Gather all lines in the records below that include the word "Call".

Stored data
_ _ _ _ _

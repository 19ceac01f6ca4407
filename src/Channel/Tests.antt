-- ===== src/Channel/Tests.antt =====
-- Runs of channel_v2.inl, and its theorems at concrete channels.
use librf.Prelude.{
  ℕ, ◌≡◌, refl, true, false, none, some, List, [], ◌∷◌, arith, ◌↔◌, ◌&&◌, not, ◌==◌, length, ap,
  ◌++◌, if◌then◌else◌,
}
use librf.RingQueue
use librf.LinkQueue.{Links}
use librf.LinkQueue
use librf.Channel.{Channel, store, channel, read_await_suspend, write_await_suspend}
use librf.Channel.Inv.{Rep, pending, channel-Rep}
use librf.Channel.Meet.{Call, read, write, step}
use librf.Channel.Fifo.{run, AreNew, Ran, run-Ran, IsFifo, channel-IsFifo}
use librf.Channel.Read.{read-waits}
use librf.Channel.Write.{write-waits}
use librf.Channel.Waking.{write_wakes, read_wakes, none_waits}

abbrev blank : Links
blank _ = record { prev = 0; next = 0 }

-- A new channel for `n` values.
abbrev fresh : ℕ → Channel ℕ
fresh n = channel blank blank (λ _. none) (λ _. 0) (λ _. false) n

-- Three writes into a buffer for one, then four reads, then a write to the waiting reader.
abbrev script : List (Call ℕ)
script = write 1 10 ∷ write 2 20 ∷ write 3 30 ∷ read 4 ∷ read 5 ∷ read 6 ∷ read 7 ∷ write 8 40 ∷ []

run-script :
    run true (fresh 1) script
    ≡ none
      ∷ none
      ∷ none
      ∷ some (4, some 10)
      ∷ some (5, some 20)
      ∷ some (6, some 30)
      ∷ none
      ∷ some (7, some 40)
      ∷ []
unfolding run step channel read_await_suspend write_await_suspend RingQueue.ring_queue
    RingQueue.try_push RingQueue.try_pop LinkQueue.empty_queue LinkQueue.push_back LinkQueue.try_pop
run-script = refl

-- With no buffer the same values go to the same reads.
run-no_capacity : run true (fresh 0) script ≡ run true (fresh 1) script
unfolding run step channel read_await_suspend write_await_suspend RingQueue.ring_queue
    RingQueue.try_push RingQueue.try_pop LinkQueue.empty_queue LinkQueue.push_back LinkQueue.try_pop
run-no_capacity = refl

script-AreNew : AreNew script [] []
script-AreNew = omega arith

fresh-Rep : (n : ℕ) → n ≡ 1 → Rep (fresh n) [] [] []
fresh-Rep n e = channel-Rep blank blank _ _ _ n (omega arith)

run-Ran_example : Ran true (fresh 1) [] [] script
run-Ran_example = run-Ran true script (fresh 1) [] [] [] (fresh-Rep 1 refl) script-AreNew

channel-IsFifo_example : IsFifo true (fresh 1) script
channel-IsFifo_example =
    channel-IsFifo true blank blank (λ _. none) (λ _. 0) (λ _. false) 1 script (omega arith)
      script-AreNew

-- A channel for one value whose reader 7 waits.
abbrev asked : Channel ℕ
asked = record (fresh 1) {
  read_awakes = LinkQueue.push_back (fresh 1).read_awakes 7;
  read_value = store (fresh 1).read_value 7 none;
  coro = store (fresh 1).coro 7 true;
}

read_await_suspend-asked : (read_await_suspend true (fresh 1) 7).1 ≡ asked
read_await_suspend-asked =
    ap (λ r. r.1) (read-waits true [] 7 (omega arith) tt (fresh-Rep 1 refl)).0

-- A channel without a buffer whose writer 8 waits with 80.
abbrev offered : Channel ℕ
offered = record (fresh 0) {
  write_awakes = LinkQueue.push_back (fresh 0).write_awakes 8;
  write_value = store (fresh 0).write_value 8 80;
  coro = store (fresh 0).coro 8 true;
}

empty-Rep : Rep (fresh 0) [] [] []
empty-Rep = channel-Rep blank blank _ _ _ 0 (omega arith)

no_room : 0 ≡ (fresh 0).max_counter
unfolding channel
no_room = refl

write_await_suspend-offered : (write_await_suspend true (fresh 0) 8 80).1 ≡ offered
write_await_suspend-offered =
    ap (λ r. r.1) (write-waits true 80 [] [] 8 (omega arith) tt no_room empty-Rep).0

offered-Rep : Rep offered [] [] (8 ∷ [])
offered-Rep = (write-waits true 80 [] [] 8 (omega arith) tt no_room empty-Rep).1

-- The write gives the waiting reader to the scheduler.
write_wakes_example :
    let (done, c') = write_await_suspend true asked 3 30 in
    (done ≡ not (none_waits (7 ∷ []) && length {A = ℕ} [] == asked.max_counter))
    × (c'.scheduled ≡ asked.scheduled ++ (7 ∷ []))
    × (c'.coro ≡ (if done then asked.coro else store asked.coro 3 true))
write_wakes_example =
    write_wakes true [] (7 ∷ []) [] 3 30
      (read-waits true [] 7 (omega arith) tt (fresh-Rep 1 refl)).1 (refl, tt) (omega arith) tt

-- The read gives the waiting writer to the scheduler.
read_wakes_example :
    let (got, c') = read_await_suspend true offered 3 in
    ((got ≡ none) ↔ (pending offered [] (8 ∷ []) ≡ []))
    × (c'.scheduled ≡ offered.scheduled ++ (8 ∷ []))
    × (c'.coro ≡ elim got [ none ↦ store offered.coro 3 true | some v ↦ offered.coro ])
read_wakes_example = read_wakes true [] [] (8 ∷ []) 3 offered-Rep (refl, tt) (omega arith) tt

_ _ _ _ _

**Answer**
use librf.Channel.Meet.{Call, read, write, step}
abbrev script : List (Call ℕ)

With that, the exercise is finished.